Exercise brief: Transcribe, word for word and without additions, each line below from the one containing "(ok l.rule, record" through the one containing "round_at name poll ((k, l)", both ends included.

--- START ---

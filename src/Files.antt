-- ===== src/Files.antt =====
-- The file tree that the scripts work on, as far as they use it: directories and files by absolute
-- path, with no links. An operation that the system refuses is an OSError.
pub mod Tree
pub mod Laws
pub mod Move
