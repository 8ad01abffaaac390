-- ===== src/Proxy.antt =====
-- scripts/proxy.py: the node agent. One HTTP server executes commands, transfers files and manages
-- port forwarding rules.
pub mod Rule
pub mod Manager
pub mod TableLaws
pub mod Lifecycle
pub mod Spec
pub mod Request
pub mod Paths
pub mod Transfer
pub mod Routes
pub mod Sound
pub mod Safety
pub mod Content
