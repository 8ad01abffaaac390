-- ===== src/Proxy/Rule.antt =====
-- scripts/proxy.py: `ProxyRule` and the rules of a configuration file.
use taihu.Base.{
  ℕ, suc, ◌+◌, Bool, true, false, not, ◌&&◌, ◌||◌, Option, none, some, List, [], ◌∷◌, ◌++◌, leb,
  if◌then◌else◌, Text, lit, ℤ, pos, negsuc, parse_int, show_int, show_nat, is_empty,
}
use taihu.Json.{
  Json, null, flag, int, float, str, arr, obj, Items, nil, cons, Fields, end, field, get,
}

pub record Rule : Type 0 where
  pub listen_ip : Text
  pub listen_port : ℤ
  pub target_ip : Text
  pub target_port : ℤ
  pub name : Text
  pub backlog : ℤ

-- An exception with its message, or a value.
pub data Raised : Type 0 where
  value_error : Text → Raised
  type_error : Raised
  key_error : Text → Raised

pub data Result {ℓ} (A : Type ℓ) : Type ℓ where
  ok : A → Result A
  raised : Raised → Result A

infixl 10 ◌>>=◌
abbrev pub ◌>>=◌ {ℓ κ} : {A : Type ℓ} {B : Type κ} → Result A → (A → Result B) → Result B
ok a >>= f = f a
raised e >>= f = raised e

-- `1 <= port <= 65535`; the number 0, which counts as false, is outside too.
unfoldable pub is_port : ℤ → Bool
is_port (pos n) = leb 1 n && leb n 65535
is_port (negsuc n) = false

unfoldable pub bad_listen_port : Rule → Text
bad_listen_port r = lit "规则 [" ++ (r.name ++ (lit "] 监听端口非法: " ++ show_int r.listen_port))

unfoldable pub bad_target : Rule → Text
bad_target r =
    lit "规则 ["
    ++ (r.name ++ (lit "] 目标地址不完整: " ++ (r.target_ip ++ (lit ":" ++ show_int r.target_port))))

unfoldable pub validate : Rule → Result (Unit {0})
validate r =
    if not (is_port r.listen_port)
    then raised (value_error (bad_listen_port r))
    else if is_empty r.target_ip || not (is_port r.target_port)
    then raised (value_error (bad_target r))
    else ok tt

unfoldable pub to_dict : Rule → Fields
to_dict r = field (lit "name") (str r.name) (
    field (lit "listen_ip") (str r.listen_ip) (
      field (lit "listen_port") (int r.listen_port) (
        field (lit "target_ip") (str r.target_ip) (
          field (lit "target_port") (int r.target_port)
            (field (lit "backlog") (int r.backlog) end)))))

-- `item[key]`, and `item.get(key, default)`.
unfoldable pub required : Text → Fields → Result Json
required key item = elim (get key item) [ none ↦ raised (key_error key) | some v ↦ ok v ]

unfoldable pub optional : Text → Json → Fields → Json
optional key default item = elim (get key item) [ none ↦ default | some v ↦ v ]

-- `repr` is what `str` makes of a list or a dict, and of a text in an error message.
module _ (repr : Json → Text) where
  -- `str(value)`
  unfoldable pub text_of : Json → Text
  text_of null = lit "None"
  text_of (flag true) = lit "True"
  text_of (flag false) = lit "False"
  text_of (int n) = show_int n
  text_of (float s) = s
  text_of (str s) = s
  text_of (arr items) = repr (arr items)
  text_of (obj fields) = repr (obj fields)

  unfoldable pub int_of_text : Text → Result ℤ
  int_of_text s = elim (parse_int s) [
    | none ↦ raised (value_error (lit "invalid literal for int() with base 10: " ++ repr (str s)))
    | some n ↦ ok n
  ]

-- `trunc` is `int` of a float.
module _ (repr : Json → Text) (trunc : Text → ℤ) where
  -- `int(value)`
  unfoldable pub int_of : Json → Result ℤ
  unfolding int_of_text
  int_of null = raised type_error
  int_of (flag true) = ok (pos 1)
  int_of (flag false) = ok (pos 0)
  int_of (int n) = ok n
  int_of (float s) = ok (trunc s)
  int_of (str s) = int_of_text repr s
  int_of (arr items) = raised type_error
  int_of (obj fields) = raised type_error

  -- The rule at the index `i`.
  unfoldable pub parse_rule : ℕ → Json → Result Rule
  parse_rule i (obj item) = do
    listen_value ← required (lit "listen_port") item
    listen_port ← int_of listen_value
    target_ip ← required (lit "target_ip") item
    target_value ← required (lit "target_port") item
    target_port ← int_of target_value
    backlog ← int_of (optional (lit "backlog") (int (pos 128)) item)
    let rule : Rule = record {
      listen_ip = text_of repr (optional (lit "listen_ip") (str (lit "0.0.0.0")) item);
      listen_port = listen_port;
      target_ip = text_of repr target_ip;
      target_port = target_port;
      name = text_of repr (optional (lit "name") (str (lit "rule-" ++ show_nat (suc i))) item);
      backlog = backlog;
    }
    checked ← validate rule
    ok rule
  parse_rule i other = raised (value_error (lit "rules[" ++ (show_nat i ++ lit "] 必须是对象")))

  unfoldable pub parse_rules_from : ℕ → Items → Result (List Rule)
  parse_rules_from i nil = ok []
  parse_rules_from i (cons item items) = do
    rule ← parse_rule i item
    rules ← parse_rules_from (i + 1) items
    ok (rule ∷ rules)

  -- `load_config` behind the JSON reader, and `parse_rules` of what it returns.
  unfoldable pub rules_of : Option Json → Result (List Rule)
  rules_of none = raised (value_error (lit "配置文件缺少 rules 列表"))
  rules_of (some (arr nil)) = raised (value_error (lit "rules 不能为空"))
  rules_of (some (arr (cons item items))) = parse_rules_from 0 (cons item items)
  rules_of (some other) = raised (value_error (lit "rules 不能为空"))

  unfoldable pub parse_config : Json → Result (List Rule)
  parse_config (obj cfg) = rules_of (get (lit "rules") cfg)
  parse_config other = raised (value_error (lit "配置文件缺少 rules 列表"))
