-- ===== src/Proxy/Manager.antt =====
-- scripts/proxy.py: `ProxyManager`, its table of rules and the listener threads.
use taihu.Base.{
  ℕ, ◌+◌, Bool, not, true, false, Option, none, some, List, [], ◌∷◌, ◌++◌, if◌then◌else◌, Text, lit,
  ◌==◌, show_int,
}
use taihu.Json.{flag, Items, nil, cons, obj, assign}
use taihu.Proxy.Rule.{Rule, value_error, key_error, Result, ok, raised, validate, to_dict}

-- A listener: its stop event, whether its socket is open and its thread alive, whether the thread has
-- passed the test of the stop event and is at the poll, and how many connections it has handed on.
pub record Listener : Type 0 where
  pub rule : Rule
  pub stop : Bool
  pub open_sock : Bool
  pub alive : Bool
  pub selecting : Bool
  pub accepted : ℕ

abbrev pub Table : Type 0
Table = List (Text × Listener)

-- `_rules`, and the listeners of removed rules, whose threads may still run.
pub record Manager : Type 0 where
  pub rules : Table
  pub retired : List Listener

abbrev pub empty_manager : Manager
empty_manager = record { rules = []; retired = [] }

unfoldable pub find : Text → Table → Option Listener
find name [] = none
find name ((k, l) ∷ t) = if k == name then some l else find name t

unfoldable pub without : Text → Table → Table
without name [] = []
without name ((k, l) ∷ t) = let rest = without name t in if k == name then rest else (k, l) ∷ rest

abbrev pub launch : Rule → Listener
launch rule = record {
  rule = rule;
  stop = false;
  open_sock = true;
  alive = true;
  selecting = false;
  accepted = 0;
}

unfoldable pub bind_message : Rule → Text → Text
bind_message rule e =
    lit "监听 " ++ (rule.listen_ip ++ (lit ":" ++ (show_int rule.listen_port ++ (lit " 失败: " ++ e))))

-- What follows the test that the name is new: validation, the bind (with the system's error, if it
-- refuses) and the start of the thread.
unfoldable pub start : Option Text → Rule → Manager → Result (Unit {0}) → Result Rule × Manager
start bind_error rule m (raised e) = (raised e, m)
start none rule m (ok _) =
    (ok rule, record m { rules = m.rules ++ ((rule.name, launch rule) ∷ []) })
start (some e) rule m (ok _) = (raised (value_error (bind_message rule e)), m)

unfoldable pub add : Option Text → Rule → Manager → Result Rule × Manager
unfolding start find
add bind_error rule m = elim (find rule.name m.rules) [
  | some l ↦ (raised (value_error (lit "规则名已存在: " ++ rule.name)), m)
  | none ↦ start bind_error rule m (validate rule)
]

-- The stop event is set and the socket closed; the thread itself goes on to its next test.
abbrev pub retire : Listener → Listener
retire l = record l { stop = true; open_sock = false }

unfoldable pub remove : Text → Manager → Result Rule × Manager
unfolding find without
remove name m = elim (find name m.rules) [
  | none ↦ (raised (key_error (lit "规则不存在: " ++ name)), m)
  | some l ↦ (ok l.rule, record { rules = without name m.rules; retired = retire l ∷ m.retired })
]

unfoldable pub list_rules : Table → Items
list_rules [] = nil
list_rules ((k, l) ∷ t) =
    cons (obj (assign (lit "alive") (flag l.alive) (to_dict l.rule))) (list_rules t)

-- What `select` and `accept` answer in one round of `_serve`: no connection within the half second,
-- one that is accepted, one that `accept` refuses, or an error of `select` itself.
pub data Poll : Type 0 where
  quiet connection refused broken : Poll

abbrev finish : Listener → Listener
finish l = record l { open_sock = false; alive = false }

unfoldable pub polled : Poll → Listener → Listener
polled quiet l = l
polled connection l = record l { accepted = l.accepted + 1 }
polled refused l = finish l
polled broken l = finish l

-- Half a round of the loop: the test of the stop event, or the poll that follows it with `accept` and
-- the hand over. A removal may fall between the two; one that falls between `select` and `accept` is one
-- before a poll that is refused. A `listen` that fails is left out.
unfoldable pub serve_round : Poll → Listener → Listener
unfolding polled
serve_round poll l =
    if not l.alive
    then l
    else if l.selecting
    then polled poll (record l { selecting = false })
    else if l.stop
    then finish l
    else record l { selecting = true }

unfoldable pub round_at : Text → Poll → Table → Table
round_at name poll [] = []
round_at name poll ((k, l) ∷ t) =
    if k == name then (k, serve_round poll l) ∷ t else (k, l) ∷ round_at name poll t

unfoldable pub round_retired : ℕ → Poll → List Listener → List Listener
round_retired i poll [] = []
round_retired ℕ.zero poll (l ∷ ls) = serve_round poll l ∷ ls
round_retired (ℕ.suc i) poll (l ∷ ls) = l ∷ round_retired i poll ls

--- END ---

Solved problem:
  | some l ↦ (ok l.rule, record { rules = without name m.rules; retired = retire l ∷ m.retired })
]

unfoldable pub list_rules : Table → Items
list_rules [] = nil
list_rules ((k, l) ∷ t) =
    cons (obj (assign (lit "alive") (flag l.alive) (to_dict l.rule))) (list_rules t)

-- What `select` and `accept` answer in one round of `_serve`: no connection within the half second,
-- one that is accepted, one that `accept` refuses, or an error of `select` itself.
pub data Poll : Type 0 where
  quiet connection refused broken : Poll

abbrev finish : Listener → Listener
finish l = record l { open_sock = false; alive = false }

unfoldable pub polled : Poll → Listener → Listener
polled quiet l = l
polled connection l = record l { accepted = l.accepted + 1 }
polled refused l = finish l
polled broken l = finish l

-- Half a round of the loop: the test of the stop event, or the poll that follows it with `accept` and
-- the hand over. A removal may fall between the two; one that falls between `select` and `accept` is one
-- before a poll that is refused. A `listen` that fails is left out.
unfoldable pub serve_round : Poll → Listener → Listener
unfolding polled
serve_round poll l =
    if not l.alive
    then l
    else if l.selecting
    then polled poll (record l { selecting = false })
    else if l.stop
    then finish l
    else record l { selecting = true }

unfoldable pub round_at : Text → Poll → Table → Table
round_at name poll [] = []
round_at name poll ((k, l) ∷ t) =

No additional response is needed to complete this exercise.